**TASK STATEMENT**
All lines with the word "IsFirst" must be pulled from the entries below.

**INPUT DATA**
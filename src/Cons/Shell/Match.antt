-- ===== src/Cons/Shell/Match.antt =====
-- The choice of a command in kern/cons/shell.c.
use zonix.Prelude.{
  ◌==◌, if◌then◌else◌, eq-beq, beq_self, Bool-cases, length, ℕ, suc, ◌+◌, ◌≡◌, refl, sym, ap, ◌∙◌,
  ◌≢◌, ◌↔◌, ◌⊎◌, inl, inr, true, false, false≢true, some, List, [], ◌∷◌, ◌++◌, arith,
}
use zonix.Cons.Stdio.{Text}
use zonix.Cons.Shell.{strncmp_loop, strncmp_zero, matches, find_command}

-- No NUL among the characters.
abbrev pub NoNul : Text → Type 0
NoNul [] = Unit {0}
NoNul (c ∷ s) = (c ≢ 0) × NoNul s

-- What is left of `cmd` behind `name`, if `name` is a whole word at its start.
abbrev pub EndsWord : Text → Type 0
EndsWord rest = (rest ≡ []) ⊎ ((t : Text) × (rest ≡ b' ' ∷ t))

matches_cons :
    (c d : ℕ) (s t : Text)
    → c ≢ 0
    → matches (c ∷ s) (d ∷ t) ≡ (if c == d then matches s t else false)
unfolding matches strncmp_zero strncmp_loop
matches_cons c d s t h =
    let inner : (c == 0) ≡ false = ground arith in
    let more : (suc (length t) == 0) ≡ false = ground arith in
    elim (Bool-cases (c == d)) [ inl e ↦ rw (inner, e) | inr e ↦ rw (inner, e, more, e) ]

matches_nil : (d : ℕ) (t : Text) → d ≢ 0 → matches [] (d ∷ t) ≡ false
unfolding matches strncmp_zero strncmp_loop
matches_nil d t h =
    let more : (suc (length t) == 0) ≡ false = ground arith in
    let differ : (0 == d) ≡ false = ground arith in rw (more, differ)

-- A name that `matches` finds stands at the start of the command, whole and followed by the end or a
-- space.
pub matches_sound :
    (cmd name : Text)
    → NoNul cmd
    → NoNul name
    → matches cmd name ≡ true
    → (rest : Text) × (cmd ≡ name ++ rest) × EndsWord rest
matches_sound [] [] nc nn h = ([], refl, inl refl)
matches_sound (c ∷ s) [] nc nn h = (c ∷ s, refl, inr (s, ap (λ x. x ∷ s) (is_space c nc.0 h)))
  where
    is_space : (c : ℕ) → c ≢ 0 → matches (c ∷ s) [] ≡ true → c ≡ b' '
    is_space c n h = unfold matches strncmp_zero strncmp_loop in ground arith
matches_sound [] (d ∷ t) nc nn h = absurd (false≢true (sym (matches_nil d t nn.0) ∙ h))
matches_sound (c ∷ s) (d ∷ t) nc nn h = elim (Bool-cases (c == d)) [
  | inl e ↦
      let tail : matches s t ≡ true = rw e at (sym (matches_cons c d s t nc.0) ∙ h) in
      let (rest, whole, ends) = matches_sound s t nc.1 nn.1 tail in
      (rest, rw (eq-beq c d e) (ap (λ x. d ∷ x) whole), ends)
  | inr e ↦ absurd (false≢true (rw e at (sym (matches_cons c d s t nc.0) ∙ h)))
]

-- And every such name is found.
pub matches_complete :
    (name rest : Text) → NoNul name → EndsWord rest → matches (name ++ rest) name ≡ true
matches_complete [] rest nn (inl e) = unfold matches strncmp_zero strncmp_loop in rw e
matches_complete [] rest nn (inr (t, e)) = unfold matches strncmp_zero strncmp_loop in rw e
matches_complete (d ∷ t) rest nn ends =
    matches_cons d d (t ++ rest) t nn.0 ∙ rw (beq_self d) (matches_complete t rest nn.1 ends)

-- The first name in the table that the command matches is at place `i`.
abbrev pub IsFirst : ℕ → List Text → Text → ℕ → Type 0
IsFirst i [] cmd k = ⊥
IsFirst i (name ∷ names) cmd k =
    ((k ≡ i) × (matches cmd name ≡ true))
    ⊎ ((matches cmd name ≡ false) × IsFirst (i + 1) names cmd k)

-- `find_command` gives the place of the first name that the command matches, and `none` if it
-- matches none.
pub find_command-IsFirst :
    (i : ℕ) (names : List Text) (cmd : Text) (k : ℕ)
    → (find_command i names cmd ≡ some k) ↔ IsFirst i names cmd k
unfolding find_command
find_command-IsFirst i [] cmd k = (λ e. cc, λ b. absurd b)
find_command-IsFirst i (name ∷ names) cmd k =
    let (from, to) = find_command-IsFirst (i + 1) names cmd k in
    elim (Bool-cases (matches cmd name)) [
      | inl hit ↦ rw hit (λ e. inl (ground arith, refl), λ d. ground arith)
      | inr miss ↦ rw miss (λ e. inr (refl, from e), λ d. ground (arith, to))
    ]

**TASK RESPONSE**
abbrev pub IsFirst : ℕ → List Text → Text → ℕ → Type 0
IsFirst i [] cmd k = ⊥
IsFirst i (name ∷ names) cmd k =
    ⊎ ((matches cmd name ≡ false) × IsFirst (i + 1) names cmd k)
pub find_command-IsFirst :
    → (find_command i names cmd ≡ some k) ↔ IsFirst i names cmd k
find_command-IsFirst i [] cmd k = (λ e. cc, λ b. absurd b)
find_command-IsFirst i (name ∷ names) cmd k =
    let (from, to) = find_command-IsFirst (i + 1) names cmd k in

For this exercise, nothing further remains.